Synchronous and Asynchronous Networks Ultra-Fast Optical Wavelength Converter for Signal
Processing and Network Functions
We have utilized an all-optical fiber wavelength converter as the basic
building block for both asynchronous and synchronous packet switched
networks [1]. This wavelength converter can be used to imprint data
from one optical wavelength onto a new optical wavelength without passing
the data through electronics. In addition to wavelength conversion,
it can also be used to regenerate the bits in a digital signal and implement
higher-level functions for asynchronous and synchronous packet networks.
This approach is especially useful when the data rate exceeds 40 Gbps
where electronics is not readily available. The wavelength conversion
process is based on cross-phase modulation (XPM) in dispersion shifted
optical fiber and is shown in Figure 2 along with conversion of return-to-zero
(RZ) 80 Gbps data stream. The converter operation is based on the principle
of XPM in a non-linear fiber, such as a dispersion-shifted fiber (DSF).
A CW signal or a pulse train at a new wavelength lj
is combined with an intensity modulated pulse train at wavelength lj.
The incoming data imposes a phase modulation of the CW signal or the
pulse train due to XPM. This phase modulation causes a spectral broadening
of the CW signal or the pulse train thereby generating sidebands. One
of these sidebands is filtered to convert phase modulation to amplitude
modulation. The filter arrangement consists of a fiber Bragg grating
(FBG) and a tunable band-pass filter (BPF). The FBG notches out the
original data signal and the non spectrally broadened part of the new
signal and lets only the desired sideband through. This improves the
extinction ratio of the converted signal. This method of wavelength
conversion is in principle very fast since non-linear processes are
almost instantaneous and thus can be used to wavelength convert very
high bit-rate data.

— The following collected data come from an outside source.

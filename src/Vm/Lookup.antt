-- ===== src/Vm/Lookup.antt =====
-- What a page table maps: the entry of each virtual address, and what `walk` does to it.
use cs202_lab.Prelude.{
  ℕ, zero, suc, ◌+◌, ◌*◌, ◌<◌, ◌≡◌, inl, inr, refl, Bool, true, false, List, ◌∷◌, ◌==◌, Option,
  none, some, if◌then◌else◌, arith, ap, sym, ◌∙◌, Bool-cases,
}
use cs202_lab.Kalloc.{Kmem, kalloc}
use cs202_lab.Vm.{Vm, px, pa2pte, pte2pa, is_valid}
use cs202_lab.Vm.Table.{hang, descend, next_table, walk_down}
use cs202_lab.Vm.Tree.{Place, IsTree, grown, grown-other, grown-new, entry_eq, pte2pa-pa2pte, good}

-- The entry for an address, below a table of the level; 0 where there is none.
unfoldable pub look : ℕ → Vm → ℕ → ℕ → ℕ
look zero v t va = v.ptes (t + 8 * px 0 va)
look (suc l) v t va =
    let e = v.ptes (t + 8 * px (suc l) va) in
    let more = look l v (pte2pa e) va in if is_valid e then more else 0

-- The address of that entry, where all tables above it exist.
unfoldable pub slot : ℕ → Vm → ℕ → ℕ → Option ℕ
slot zero v t va = some (t + 8 * px 0 va)
slot (suc l) v t va =
    let e = v.ptes (t + 8 * px (suc l) va) in
    let more = slot l v (pte2pa e) va in if is_valid e then more else none

abbrev pub found : Option ℕ → Vm → ℕ
found none v = 0
found (some q) v = v.ptes q

-- The indices that lead to the entry, behind those of `path`.
abbrev pub indices : ℕ → ℕ → List ℕ → List ℕ
indices zero va path = path
indices (suc l) va path = indices l va (px (suc l) va ∷ path)

pub px-lt : (l va : ℕ) → px l va < 512
unfolding px
px-lt l va = omega arith

pub look-slot : (l : ℕ) (v : Vm) (t va : ℕ) → look l v t va ≡ found (slot l v t va) v
unfolding look slot
look-slot zero v t va = refl
look-slot (suc l) v t va = elim (Bool-cases (is_valid (v.ptes (t + 8 * px (suc l) va)))) [
  | inl e ↦ rw e (look-slot l v (pte2pa (v.ptes (t + 8 * px (suc l) va))) va)
  | inr e ↦ rw e refl
]

pub next_table-valid :
    (alloc : Bool) (q : ℕ) (v : Vm)
    → is_valid (v.ptes q) ≡ true
    → next_table alloc q v ≡ (some (pte2pa (v.ptes q)), v)
unfolding next_table
next_table-valid alloc q v e = rw e refl

pub next_table-invalid :
    (alloc : Bool) (q : ℕ) (v : Vm)
    → is_valid (v.ptes q) ≡ false
    → next_table alloc q v ≡ (if alloc then hang q (kalloc v.kmem) v else (none, v))
unfolding next_table
next_table-invalid alloc q v e = rw e refl

-- `walk` without `alloc` changes nothing and finds that entry.
pub walk_down-slot : (l : ℕ) (v : Vm) (t va : ℕ) → walk_down false l t va v ≡ (slot l v t va, v)
unfolding walk_down slot
walk_down-slot zero v t va = refl
walk_down-slot (suc l) v t va =
    let q = t + 8 * px (suc l) va in
    elim (Bool-cases (is_valid (v.ptes q))) [
      | inl e ↦
          ap (descend (λ s. walk_down false l s va)) (next_table-valid false q v e)
          ∙ walk_down-slot l v (pte2pa (v.ptes q)) va
          ∙ rw e refl
      | inr e ↦
          ap (descend (λ s. walk_down false l s va)) (next_table-invalid false q v e) ∙ rw e refl
    ]

-- The entry stands in a table of level 0, at the place that the indices give.
pub slot-place :
    {place : ℕ → Place} {root : ℕ} {v : Vm} (tree : IsTree place root v) (l t va : ℕ)
    (path : List ℕ) {q : ℕ}
    → place t ≡ Place.table l path
    → slot l v t va ≡ some q
    → (s : ℕ) × (place s ≡ Place.table 0 (indices l va path)) × (q ≡ s + 8 * px 0 va)
unfolding slot
slot-place tree zero t va path at e = (t, at, ground arith)
slot-place {v} tree (suc l) t va path at e =
    let pte = v.ptes (t + 8 * px (suc l) va) in
    elim (Bool-cases (is_valid pte)) [
      | inl h ↦
          slot-place tree l (pte2pa pte) va (px (suc l) va ∷ path)
            (tree.below l t (px (suc l) va) path at (px-lt (suc l) va) h) (rw h at e)
      | inr h ↦ absurd (ground arith)
    ]

module _ (place : ℕ → Place) (root : ℕ) (v : Vm) (tree : IsTree place root v) (l t i : ℕ)
    (path : List ℕ) (at : place t ≡ Place.table (suc l) path) (index : i < 512) (c : ℕ) (k : Kmem)
    (given : v.kmem.freelist ≡ c ∷ k.freelist) where
  look-new : (m va : ℕ) → look m (grown (t + 8 * i) c k v) c va ≡ 0
  unfolding look
  look-new zero va =
      grown-new place root v tree l t i path at index c k given (px 0 va) (px-lt 0 va)
  look-new (suc m) va =
      let e =
        grown-new place root v tree l t i path at index c k given (px (suc m) va)
          (px-lt (suc m) va) in
      let bad : is_valid ((grown (t + 8 * i) c k v).ptes (c + 8 * px (suc m) va)) ≡ false =
        ap is_valid e in
      rw bad refl

  -- A new table below an entry that was not valid maps nothing new.
  pub look-grown :
      (m s va : ℕ) (p : List ℕ)
      → is_valid (v.ptes (t + 8 * i)) ≡ false
      → place s ≡ Place.table m p
      → look m (grown (t + 8 * i) c k v) s va ≡ look m v s va
  unfolding look
  look-grown zero s va p blank e = elim (Bool-cases (s + 8 * px 0 va == t + 8 * i)) [
    | inl hit ↦
        let (same, _) =
          entry_eq t s i (px 0 va) (tree.aligned t (suc l) path at) (tree.aligned s 0 p e) index
            (px-lt 0 va) (ground arith) in
        let clash : Place.table 0 p ≡ Place.table (suc l) path = sym e ∙ ap place (sym same) ∙ at in
        cc
    | inr miss ↦
        grown-other place root v tree l t i path at index c k given s 0 (px 0 va) p e (px-lt 0 va)
          miss
  ]
  look-grown (suc m) s va p blank e = elim (Bool-cases (s + 8 * px (suc m) va == t + 8 * i)) [
    | inl hit ↦
        let spot : s + 8 * px (suc m) va ≡ t + 8 * i = ground arith in
        let here : (grown (t + 8 * i) c k v).ptes (s + 8 * px (suc m) va) ≡ pa2pte c + 1 =
          rw hit refl in
        let back = pte2pa-pa2pte c (good place root v tree l t i path at index c k given) in
        let was : is_valid (v.ptes (s + 8 * px (suc m) va)) ≡ false = rw spot blank in
        let now : is_valid ((grown (t + 8 * i) c k v).ptes (s + 8 * px (suc m) va)) ≡ true =
          ap is_valid here ∙ ground arith in
        rw (was, now)
          (ap (λ x. look m (grown (t + 8 * i) c k v) (pte2pa x) va) here
            ∙ ap (λ x. look m (grown (t + 8 * i) c k v) x va) back
            ∙ look-new m va)
    | inr miss ↦
        let kept =
          grown-other place root v tree l t i path at index c k given s (suc m) (px (suc m) va) p e
            (px-lt (suc m) va) miss in
        elim (Bool-cases (is_valid (v.ptes (s + 8 * px (suc m) va)))) [
          | inl h ↦
              rw (ap is_valid kept ∙ h, h)
                (ap (λ x. look m (grown (t + 8 * i) c k v) (pte2pa x) va) kept
                  ∙ look-grown m (pte2pa (v.ptes (s + 8 * px (suc m) va))) va (px (suc m) va ∷ p)
                      blank (tree.below m s (px (suc m) va) p e (px-lt (suc m) va) h))
          | inr h ↦ rw (ap is_valid kept ∙ h, h) refl
        ]
  ]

The wavelength converter also acts as a 2R regenerator
as seen by the smoothing out of bit amplitude fluctuations at the output.
Optical Packet Switching and Label Swapping for
Asynchronous Networks
An example AOLS network is illustrated in Figure 3. Internet Protocol
(IP) packets enter the network through an ingress node and
are encapsulated with an optical label and then re-transmitted on a
new wavelength. Once inside the network, only the optical label is used
to make routing decisions and the wavelength is used to dynamically
redirect (forward) packets. At the internal nodes, labels are read and
optically erased, then a new label is attached to the packet and the
optically labeled packet is converted to a new wavelength using all-optical
wavelength conversion. Throughout this process, the contents (e.g.,
the IP packet header and payload) are not passed through electronics
and are kept intact until the packet exits the optical network through
the egress node where the optical label is removed and the
original packet is handed back to the electronic routing hardware. For
packet networks where the bit rate can exceed 40 Gbps, ultra-fast signal
processing techniques have been used to perform the functions of (i)
optical label removal, (ii) optical wavelength conversion, (iii) optical
signal regeneration and (iv) optical label replacement. We have demonstrated
that the XPM fiber optic wavelength converter can be used to perform
these functions for packet bit-rates as high as 80 Gbps with the potential
to scale to data rates in excess of 160 Gbps [7]. Figure 3 also shows
results of AOLS with 80 Gbps packets and labels running at 10 Gbps.